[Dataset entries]
########
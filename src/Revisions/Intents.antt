-- ===== src/Revisions/Intents.antt =====
-- The intents of the list of revisions (HandleIntent of internal/ui/revisions/revisions.go): first for
-- the operation, then for the list.
use jjui.Jj.Files.{FileName}
use jjui.Jj.Selections.{Commit, SelectedRevisions, get_change_id}
use jjui.Prelude.{
  ℕ, String, Bool, true, false, Option, none, some, List, [], ◌∷◌, map, get_elem?, if◌then◌else◌,
}
use jjui.Operations.AceJump.{Operation as JumpOperation, init, new_operation}
use jjui.Prelude.Int.{ℤ, pos, negsuc, ◌+ℤ◌, ◌-ℤ◌}
use jjui.Revisions.{
  Model, some_all, set_cursor, selected_revision, selected_revisions, toggle_at, go_to_top,
  go_to_bottom,
}
use jjui.Revisions.Layers.{RevisionsView, active_model, handle_quick_search, cancel}
use jjui.Revisions.Loading.{refresh}
use jjui.Revisions.Moves.{Navigate, Window, navigate}
use jjui.Revisions.Sending.{Models, try_active, open_operation, open_layer}
use jjui.Revisions.Starting.{
  OperationKind, CommitKind, Started, nothing_started, operation, commit_operation, view_of,
  run_command, run_interactive, annotation_show, start_squash, start_operation,
  start_commit_operation, open_details, start_evolog, start_inline_describe, start_new,
  start_commit_working_copy, start_edit, start_diff_edit, start_describe, start_split,
  start_bookmark_set, set_bookmark, diff_range, new_between, open_annotation, commit_or_selected,
}
use jjui.Search.{circular_search}

-- -1 is the only index below 0.
abbrev pub row_number : ℤ → Option ℕ
row_number (pos n) = some n
row_number (negsuc n) = none

-- The jump over the window of the renderer, which reads `m.rows[index]` in its `Init`.
unfoldable pub started_jump : Window → Model → Option JumpOperation
started_jump w m = init (
    new_operation (λ i. get_elem? (some_all m.rows) i) (row_number w.first_row_index)
      (row_number w.last_row_index))

pub data Intent : Type 0 where
  cancel_intent quick_search other_intent : Intent
  start_ace_jump : Window → Intent
  open_details_intent commit_working_copy_intent open_diff_range open_new_between : Intent
  revisions_toggle_select go_to_top_intent go_to_bottom_intent quick_search_clear : Intent
  open_squash : SelectedRevisions → List FileName → Intent
  open_on : OperationKind → SelectedRevisions → Intent
  open_on_commit : CommitKind → Option Commit → Intent
  open_evolog open_inline_describe diff_edit_intent open_annotation_intent show_diff :
      Option Commit → Intent
  start_new_intent describe_intent : SelectedRevisions → Intent
  start_edit_intent : Option Commit → (ignore_immutable : Bool) → Intent
  start_split_intent : Option Commit → List FileName → (parallel interactive : Bool) → Intent
  open_set_bookmark : (revision value : String) → Intent
  navigate_intent : Navigate → Window → Intent
  refresh_intent : (selected : String) → (keep_selections : Bool) → Intent
  quick_search_cycle : (reverse : Bool) → Intent

-- What the list asks the program to do.
pub data Effect (F : Type 0) : Type 0 where
  layer_command : F → Effect F
  started : Started → Effect F
  diff_of : (change_id : String) → Effect F
  load_rows : (tag : ℕ) → Effect F
  more_rows highlight_changes update_success update_failed streaming_warning refresh_keeping :
      Effect F

abbrev pub Handled : Type 0 → Type 0
Handled F = Option (RevisionsView × List (Effect F) × Bool)

-- The texts of a row are a function of its commit. A search starts at an index; a panic is `none`.
unfoldable pub search :
    (Commit → List String) → (start : ℤ) → (backward : Bool) → RevisionsView → Option ℤ
search texts_of start backward v =
    circular_search (map texts_of v.list.rows) v.quick_search start (pos v.list.cursor) backward

module _ {F : Type 0} where
  abbrev pub commands : List F → List (Effect F)
  commands fs = map layer_command fs

  abbrev pub asking : Bool → List (Effect F)
  asking more = if more then more_rows ∷ [] else []

  abbrev pub on_list : Model → RevisionsView → Handled F
  on_list m v = some (record v { list = m }, [], true)

  -- A move of the list, which may ask for more rows.
  abbrev pub on_moved : Option (Model × Bool) → RevisionsView → Handled F
  on_moved none v = none
  on_moved (some (m, more)) v = some (record v { list = m }, asking more, true)

  abbrev pub on_found : Option ℤ → RevisionsView → Handled F
  on_found none v = none
  on_found (some i) v = on_list (set_cursor i v.list) v

module _ {M F : Type 0} (models : Models M Intent F) where
  abbrev pub opened : Started → RevisionsView → RevisionsView × List (Effect F)
  opened s v = let (w, fs) = open_operation models (models.made s) v in (w, commands fs)

  -- An operation becomes the base operation; a command goes to the program.
  unfoldable pub start : Started → RevisionsView → RevisionsView × List (Effect F)
  start nothing_started v = (v, [])
  start (operation kind selected current) v = opened (operation kind selected current) v
  start (commit_operation kind c current) v = opened (commit_operation kind c current) v
  start (view_of name c) v = opened (view_of name c) v
  start (set_bookmark revision value) v = opened (set_bookmark revision value) v
  start (diff_range current) v = opened (diff_range current) v
  start (new_between selected current) v = opened (new_between selected current) v
  start (run_command args select) v = (v, started (run_command args select) ∷ [])
  start (run_interactive args) v = (v, started (run_interactive args) ∷ [])
  start (annotation_show id) v = (v, started (annotation_show id) ∷ [])

  abbrev pub on_start : Started → RevisionsView → Handled F
  on_start s v = let (w, effects) = start s v in some (w, effects, true)

module _ (run : List String → String × Bool) (texts_of : Commit → List String) where
  module _ {M F : Type 0} (models : Models M Intent F) where
    abbrev pub on_squashed : Model × Started → RevisionsView → Handled F
    on_squashed (m, s) v = on_start models s (record v { list = m })

    abbrev pub show_diff_of : Option Commit → RevisionsView → Handled F
    show_diff_of none v = some (v, [], true)
    show_diff_of (some c) v = some (v, diff_of (get_change_id c) ∷ [], true)

    -- The intents of the list itself; the last part says whether it handles them.
    unfoldable pub handle_own : Intent → RevisionsView → Handled F
    handle_own (open_squash given files) v = on_squashed (start_squash run files given v.list) v
    handle_own (open_on kind given) v = on_start models (start_operation kind given v.list) v
    handle_own (open_on_commit kind given) v =
        on_start models (start_commit_operation kind given v.list) v
    handle_own open_details_intent v = on_start models (open_details v.list) v
    handle_own (open_evolog given) v = on_start models (start_evolog given v.list) v
    handle_own (open_inline_describe given) v =
        on_start models (start_inline_describe given v.list) v
    handle_own (start_new_intent given) v = on_start models (start_new given v.list) v
    handle_own commit_working_copy_intent v = on_start models start_commit_working_copy v
    handle_own (start_edit_intent given ignore_immutable) v =
        on_start models (start_edit given ignore_immutable v.list) v
    handle_own (diff_edit_intent given) v = on_start models (start_diff_edit given v.list) v
    handle_own (describe_intent given) v = on_start models (start_describe given v.list) v
    handle_own (start_split_intent given files parallel interactive) v =
        on_start models (start_split given files parallel interactive v.list) v
    handle_own (open_annotation_intent given) v = on_start models (open_annotation given v.list) v
    handle_own (show_diff given) v = show_diff_of (commit_or_selected given v.list) v
    handle_own (open_set_bookmark revision value) v =
        on_start models (start_bookmark_set revision value v.list) v
    handle_own open_diff_range v = on_start models (diff_range (selected_revision v.list)) v
    handle_own open_new_between v =
        on_start models (new_between (selected_revisions v.list) (selected_revision v.list)) v
    handle_own revisions_toggle_select v = on_list (toggle_at (selected_revision v.list) v.list) v
    handle_own (navigate_intent intent w) v = on_moved (navigate run intent w v.list) v
    handle_own go_to_top_intent v = on_list (go_to_top v.list) v
    handle_own go_to_bottom_intent v = on_moved (some (go_to_bottom v.list)) v
    handle_own (refresh_intent selected keep_selections) v =
        let m = refresh selected keep_selections v.list in
        some (record v { list = m }, load_rows m.tag ∷ [], true)
    handle_own (quick_search_cycle reverse) v =
        let cursor = pos v.list.cursor in
        on_found (search texts_of (if reverse then cursor -ℤ pos 1 else cursor +ℤ pos 1) reverse v)
          v
    handle_own quick_search_clear v = some (record v { quick_search = "" }, [], true)
    handle_own cancel_intent v = some (v, [], false)
    handle_own quick_search v = some (v, [], false)
    handle_own (start_ace_jump w) v = some (v, [], false)
    handle_own other_intent v = some (v, [], false)

    -- The operation has an intent first, and what it does stays even where it refuses.
    abbrev pub after_active :
        RevisionsView × List F × Bool → (RevisionsView → Handled F) → Handled F
    after_active (v, fs, handled) otherwise =
        let rest = otherwise v in if handled then some (v, commands fs, true) else rest

    abbrev pub on_cancel : RevisionsView → Handled F
    on_cancel v = let (w, handled) = cancel v in some (w, [], handled)

    -- `pushLayer` of a jump; `none` is the panic of its `Init`.
    abbrev pub on_jump : Option JumpOperation → RevisionsView → Handled F
    on_jump none v = none
    on_jump (some o) v =
        let (pushed, fs) = open_layer models (models.ace_jump o) v in
        some (pushed, commands fs, true)

    unfoldable pub handle_intent : Intent → RevisionsView → Handled F
    handle_intent cancel_intent v =
        after_active (try_active models cancel_intent (active_model v) v) on_cancel
    handle_intent quick_search v = some (v, [], handle_quick_search v)
    handle_intent (start_ace_jump w) v = on_jump (started_jump w v.list) v
    handle_intent intent v =
        after_active (try_active models intent (active_model v) v) (handle_own intent)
########
Your answer should be the lines above from the one containing "started : Started → Effect F" through the one containing "abbrev pub asking : Bool → List (Effect F)", copied exactly and with both ends kept.

_WRITTEN SOLUTION_:
  started : Started → Effect F
  diff_of : (change_id : String) → Effect F
  load_rows : (tag : ℕ) → Effect F
  more_rows highlight_changes update_success update_failed streaming_warning refresh_keeping :
      Effect F

abbrev pub Handled : Type 0 → Type 0
Handled F = Option (RevisionsView × List (Effect F) × Bool)

-- The texts of a row are a function of its commit. A search starts at an index; a panic is `none`.
unfoldable pub search :
    (Commit → List String) → (start : ℤ) → (backward : Bool) → RevisionsView → Option ℤ
search texts_of start backward v =
    circular_search (map texts_of v.list.rows) v.quick_search start (pos v.list.cursor) backward

module _ {F : Type 0} where
  abbrev pub commands : List F → List (Effect F)
  commands fs = map layer_command fs

  abbrev pub asking : Bool → List (Effect F)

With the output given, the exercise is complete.